(Saved data entries):
● ● ● ●

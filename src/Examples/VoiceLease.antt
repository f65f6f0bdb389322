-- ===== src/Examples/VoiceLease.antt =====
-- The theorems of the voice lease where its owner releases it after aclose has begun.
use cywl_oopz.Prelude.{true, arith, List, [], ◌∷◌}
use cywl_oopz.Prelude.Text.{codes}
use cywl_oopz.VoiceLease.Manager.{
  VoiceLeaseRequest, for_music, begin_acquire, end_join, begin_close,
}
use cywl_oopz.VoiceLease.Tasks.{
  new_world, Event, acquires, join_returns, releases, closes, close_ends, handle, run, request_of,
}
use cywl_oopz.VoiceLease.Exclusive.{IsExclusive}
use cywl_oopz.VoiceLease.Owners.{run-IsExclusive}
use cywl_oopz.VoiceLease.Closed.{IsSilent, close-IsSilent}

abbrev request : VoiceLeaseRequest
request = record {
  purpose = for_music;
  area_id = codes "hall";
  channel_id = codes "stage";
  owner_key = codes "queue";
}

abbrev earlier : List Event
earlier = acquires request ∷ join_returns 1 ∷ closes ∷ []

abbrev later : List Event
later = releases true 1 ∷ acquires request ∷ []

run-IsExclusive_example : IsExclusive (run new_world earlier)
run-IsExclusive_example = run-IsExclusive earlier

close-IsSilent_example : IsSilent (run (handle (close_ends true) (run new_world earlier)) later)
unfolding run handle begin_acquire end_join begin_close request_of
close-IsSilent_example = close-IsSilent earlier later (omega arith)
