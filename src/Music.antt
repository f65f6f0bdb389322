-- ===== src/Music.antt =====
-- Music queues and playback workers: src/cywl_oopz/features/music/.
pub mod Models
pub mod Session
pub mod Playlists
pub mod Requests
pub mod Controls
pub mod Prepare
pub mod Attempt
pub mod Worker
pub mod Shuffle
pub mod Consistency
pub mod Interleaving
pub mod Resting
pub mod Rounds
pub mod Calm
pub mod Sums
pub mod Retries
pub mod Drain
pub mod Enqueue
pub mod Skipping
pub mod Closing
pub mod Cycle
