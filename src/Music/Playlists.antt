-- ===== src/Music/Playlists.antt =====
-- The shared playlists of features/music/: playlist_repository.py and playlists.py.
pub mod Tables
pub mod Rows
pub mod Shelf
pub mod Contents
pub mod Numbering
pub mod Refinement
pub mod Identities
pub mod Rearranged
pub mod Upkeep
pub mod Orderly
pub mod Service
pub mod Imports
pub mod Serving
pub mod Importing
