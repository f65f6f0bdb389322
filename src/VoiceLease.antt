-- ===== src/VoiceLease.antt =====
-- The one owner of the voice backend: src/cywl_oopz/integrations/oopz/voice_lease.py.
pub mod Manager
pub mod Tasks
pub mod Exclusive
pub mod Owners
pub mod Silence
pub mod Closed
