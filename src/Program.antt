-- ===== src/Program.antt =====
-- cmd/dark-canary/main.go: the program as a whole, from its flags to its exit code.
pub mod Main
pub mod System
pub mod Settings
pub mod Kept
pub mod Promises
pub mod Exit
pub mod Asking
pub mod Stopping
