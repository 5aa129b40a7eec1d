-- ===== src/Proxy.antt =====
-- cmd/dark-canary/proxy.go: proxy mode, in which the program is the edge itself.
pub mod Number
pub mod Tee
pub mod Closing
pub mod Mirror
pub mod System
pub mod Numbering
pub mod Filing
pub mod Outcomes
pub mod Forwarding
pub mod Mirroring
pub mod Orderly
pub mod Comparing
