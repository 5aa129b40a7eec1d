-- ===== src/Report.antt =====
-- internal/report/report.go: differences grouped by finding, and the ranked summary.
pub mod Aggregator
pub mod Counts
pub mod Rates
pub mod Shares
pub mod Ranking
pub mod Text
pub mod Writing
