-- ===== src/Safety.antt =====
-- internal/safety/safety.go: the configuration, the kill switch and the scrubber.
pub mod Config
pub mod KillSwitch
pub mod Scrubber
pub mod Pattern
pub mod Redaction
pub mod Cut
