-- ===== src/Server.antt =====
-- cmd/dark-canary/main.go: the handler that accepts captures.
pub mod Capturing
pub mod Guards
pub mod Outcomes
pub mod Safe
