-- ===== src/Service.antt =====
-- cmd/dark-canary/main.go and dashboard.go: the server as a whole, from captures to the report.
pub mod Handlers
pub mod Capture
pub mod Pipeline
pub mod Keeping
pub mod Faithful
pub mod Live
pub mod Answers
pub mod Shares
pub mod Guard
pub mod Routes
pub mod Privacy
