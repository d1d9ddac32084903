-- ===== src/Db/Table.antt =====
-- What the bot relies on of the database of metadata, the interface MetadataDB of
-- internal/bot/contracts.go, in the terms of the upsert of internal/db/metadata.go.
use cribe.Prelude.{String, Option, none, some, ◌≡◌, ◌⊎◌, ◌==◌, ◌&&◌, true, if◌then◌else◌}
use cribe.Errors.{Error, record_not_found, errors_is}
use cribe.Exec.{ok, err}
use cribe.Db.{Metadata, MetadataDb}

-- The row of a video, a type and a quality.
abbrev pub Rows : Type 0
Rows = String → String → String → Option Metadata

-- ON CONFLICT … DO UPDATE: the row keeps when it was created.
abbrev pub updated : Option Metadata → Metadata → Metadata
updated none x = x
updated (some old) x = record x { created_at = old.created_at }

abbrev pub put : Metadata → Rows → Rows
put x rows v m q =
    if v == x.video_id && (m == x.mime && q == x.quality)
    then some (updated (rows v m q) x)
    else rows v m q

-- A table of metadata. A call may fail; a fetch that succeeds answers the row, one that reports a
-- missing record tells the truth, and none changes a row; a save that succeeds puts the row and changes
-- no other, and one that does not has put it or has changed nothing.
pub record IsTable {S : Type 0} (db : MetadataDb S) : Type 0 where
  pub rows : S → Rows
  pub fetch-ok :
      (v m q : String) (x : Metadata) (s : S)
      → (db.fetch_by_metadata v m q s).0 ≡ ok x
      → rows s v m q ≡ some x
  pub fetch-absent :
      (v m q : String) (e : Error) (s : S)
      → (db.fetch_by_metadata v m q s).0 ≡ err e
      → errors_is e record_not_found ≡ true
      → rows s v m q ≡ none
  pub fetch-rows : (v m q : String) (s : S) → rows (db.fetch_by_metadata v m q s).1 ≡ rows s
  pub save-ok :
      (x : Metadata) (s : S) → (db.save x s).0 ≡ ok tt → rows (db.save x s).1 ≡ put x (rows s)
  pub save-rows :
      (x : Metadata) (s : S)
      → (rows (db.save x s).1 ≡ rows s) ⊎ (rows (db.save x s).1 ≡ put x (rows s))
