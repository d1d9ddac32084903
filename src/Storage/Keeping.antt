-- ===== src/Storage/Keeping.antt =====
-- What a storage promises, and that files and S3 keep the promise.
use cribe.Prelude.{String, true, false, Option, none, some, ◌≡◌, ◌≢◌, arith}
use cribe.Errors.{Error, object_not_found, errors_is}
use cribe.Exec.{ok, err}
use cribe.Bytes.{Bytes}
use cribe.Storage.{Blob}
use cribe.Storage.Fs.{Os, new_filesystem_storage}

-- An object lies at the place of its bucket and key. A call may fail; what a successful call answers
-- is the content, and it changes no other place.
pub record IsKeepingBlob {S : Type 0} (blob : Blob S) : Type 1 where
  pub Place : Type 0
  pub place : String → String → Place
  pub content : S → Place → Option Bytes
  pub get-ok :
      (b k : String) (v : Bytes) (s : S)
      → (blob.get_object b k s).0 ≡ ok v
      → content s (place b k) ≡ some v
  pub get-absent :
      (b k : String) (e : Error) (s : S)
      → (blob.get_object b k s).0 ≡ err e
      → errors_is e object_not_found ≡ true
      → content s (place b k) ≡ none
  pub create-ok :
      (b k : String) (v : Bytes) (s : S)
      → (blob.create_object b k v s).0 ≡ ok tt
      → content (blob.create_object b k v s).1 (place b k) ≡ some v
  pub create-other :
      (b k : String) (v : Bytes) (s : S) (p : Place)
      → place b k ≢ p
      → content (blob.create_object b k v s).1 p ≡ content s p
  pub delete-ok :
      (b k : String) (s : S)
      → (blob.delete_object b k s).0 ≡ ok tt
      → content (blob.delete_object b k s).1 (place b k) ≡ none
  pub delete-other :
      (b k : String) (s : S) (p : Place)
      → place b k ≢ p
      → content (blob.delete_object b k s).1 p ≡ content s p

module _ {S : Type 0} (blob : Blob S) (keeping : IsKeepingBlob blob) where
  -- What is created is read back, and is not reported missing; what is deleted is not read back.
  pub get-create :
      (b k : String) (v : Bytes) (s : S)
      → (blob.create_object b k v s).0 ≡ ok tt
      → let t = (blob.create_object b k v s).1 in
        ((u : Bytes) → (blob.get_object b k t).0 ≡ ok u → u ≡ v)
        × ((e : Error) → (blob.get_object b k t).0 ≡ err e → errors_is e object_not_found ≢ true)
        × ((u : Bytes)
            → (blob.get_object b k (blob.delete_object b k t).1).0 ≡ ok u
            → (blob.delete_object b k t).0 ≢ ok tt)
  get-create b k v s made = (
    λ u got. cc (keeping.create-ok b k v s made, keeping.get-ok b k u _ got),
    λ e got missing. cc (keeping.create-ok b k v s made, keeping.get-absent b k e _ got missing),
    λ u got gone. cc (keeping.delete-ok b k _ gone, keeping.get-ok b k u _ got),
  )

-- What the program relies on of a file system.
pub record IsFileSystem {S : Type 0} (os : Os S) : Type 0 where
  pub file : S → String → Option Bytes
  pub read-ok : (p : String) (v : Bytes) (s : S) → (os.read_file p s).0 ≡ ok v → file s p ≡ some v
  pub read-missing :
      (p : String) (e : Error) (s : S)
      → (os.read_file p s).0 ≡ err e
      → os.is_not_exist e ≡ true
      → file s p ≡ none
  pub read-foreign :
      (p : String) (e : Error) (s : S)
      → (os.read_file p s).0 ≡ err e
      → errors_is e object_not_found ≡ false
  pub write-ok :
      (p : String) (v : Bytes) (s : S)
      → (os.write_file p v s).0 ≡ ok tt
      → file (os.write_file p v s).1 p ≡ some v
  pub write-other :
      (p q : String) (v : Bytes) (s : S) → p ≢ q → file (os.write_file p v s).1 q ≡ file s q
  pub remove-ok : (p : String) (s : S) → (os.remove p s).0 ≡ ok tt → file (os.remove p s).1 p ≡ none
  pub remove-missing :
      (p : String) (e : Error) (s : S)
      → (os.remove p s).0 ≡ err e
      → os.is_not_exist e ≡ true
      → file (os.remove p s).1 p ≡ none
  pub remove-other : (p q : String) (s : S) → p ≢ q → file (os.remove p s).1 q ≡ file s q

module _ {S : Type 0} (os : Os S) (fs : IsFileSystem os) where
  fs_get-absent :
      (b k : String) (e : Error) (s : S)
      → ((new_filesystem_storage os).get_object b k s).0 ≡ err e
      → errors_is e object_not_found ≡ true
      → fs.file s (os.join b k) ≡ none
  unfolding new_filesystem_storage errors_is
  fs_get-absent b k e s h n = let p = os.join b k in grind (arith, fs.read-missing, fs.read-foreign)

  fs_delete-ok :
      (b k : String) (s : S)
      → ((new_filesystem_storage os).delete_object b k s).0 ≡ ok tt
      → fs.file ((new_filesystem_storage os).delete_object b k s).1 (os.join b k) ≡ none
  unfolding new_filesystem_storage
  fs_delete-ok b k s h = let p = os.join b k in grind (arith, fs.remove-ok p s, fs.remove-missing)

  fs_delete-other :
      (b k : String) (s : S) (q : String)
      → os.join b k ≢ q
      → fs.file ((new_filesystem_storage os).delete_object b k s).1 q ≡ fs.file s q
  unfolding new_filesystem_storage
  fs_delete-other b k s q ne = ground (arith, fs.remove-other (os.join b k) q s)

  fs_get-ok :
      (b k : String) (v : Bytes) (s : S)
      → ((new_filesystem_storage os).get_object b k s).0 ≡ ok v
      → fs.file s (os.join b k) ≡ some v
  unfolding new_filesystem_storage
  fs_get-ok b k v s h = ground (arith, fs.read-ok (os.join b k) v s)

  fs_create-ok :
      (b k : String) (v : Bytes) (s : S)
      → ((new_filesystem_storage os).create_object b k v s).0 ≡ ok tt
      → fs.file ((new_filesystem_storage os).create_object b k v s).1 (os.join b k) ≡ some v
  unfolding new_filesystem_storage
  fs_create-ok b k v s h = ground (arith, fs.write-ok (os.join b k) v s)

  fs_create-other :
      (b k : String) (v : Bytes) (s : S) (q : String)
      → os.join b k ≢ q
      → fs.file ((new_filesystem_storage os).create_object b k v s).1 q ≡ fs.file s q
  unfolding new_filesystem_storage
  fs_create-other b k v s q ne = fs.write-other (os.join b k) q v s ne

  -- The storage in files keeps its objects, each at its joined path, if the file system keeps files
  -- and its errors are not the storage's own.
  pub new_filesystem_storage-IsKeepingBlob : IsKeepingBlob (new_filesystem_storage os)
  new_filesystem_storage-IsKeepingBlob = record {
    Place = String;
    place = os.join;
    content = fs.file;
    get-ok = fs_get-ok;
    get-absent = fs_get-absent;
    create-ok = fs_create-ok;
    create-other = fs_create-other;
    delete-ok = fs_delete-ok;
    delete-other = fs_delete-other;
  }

● ● ● ●

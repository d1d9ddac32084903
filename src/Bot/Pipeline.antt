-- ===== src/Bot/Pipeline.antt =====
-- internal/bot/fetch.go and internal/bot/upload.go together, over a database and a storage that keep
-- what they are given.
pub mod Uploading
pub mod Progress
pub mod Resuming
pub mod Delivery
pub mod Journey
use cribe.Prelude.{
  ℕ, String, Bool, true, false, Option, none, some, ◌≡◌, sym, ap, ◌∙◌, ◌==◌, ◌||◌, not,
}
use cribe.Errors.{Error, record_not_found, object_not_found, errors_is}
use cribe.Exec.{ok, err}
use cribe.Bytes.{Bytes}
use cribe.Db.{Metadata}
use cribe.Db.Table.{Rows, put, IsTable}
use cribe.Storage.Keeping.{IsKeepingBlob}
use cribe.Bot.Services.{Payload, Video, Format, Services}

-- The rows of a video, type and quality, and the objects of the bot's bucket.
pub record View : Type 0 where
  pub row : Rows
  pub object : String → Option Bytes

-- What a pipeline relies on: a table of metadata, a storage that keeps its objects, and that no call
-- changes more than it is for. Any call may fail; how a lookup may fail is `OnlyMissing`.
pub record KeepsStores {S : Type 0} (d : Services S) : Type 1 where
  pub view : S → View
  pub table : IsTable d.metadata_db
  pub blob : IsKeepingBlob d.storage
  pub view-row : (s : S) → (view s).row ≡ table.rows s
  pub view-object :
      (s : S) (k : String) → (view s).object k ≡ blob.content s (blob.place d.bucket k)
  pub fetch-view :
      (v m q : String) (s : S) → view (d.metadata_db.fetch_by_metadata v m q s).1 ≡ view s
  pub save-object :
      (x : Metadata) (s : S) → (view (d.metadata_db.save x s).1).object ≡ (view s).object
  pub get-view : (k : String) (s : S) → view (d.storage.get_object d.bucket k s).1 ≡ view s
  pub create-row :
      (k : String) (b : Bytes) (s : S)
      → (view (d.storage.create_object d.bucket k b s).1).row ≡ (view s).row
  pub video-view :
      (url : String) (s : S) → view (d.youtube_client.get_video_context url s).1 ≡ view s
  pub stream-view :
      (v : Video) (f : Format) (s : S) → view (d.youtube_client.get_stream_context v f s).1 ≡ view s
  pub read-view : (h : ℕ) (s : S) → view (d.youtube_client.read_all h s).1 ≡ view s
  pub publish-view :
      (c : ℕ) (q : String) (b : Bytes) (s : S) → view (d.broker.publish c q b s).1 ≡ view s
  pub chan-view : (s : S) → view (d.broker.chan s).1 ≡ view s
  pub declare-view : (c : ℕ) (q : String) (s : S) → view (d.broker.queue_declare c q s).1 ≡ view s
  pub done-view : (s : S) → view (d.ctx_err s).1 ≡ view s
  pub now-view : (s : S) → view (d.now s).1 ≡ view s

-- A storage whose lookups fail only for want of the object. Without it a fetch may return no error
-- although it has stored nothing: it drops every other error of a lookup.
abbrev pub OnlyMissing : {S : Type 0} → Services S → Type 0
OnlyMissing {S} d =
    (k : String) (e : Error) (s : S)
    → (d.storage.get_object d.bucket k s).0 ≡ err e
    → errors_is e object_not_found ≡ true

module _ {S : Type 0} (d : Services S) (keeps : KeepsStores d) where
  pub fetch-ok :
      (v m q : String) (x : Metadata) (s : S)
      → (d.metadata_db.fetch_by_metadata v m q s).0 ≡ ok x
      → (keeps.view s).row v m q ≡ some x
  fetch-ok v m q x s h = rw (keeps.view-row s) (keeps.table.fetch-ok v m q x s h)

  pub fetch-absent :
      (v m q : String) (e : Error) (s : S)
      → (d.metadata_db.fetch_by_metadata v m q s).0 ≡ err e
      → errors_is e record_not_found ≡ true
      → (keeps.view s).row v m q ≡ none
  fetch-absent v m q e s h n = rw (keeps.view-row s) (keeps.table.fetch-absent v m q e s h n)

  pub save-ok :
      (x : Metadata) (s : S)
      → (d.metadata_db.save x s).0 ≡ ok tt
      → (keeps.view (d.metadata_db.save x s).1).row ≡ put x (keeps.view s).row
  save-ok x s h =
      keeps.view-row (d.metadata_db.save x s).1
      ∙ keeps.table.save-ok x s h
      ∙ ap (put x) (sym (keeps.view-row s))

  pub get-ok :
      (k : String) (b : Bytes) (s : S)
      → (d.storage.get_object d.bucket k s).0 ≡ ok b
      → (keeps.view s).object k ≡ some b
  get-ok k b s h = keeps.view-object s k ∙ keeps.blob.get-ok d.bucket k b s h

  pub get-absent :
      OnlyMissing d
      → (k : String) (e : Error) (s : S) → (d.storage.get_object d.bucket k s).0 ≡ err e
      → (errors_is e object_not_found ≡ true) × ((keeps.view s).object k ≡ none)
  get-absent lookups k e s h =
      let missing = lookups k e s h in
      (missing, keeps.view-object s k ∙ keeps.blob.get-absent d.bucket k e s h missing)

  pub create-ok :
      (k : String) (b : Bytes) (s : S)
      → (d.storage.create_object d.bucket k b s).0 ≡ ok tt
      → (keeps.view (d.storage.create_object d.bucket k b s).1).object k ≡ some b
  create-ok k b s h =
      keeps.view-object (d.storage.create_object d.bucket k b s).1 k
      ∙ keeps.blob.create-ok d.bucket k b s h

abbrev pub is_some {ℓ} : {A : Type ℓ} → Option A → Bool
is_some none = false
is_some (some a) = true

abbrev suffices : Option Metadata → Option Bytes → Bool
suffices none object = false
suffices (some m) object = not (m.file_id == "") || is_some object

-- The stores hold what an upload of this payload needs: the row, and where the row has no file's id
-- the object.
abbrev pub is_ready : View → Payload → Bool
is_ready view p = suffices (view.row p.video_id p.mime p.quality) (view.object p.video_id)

● ● ● ●

(Your task): Show each line in the entries that holds the string "VoiceLeaseRequest".

(Response to this exercise):
  VoiceLeaseRequest, for_music, begin_acquire, end_join, begin_close,
abbrev request : VoiceLeaseRequest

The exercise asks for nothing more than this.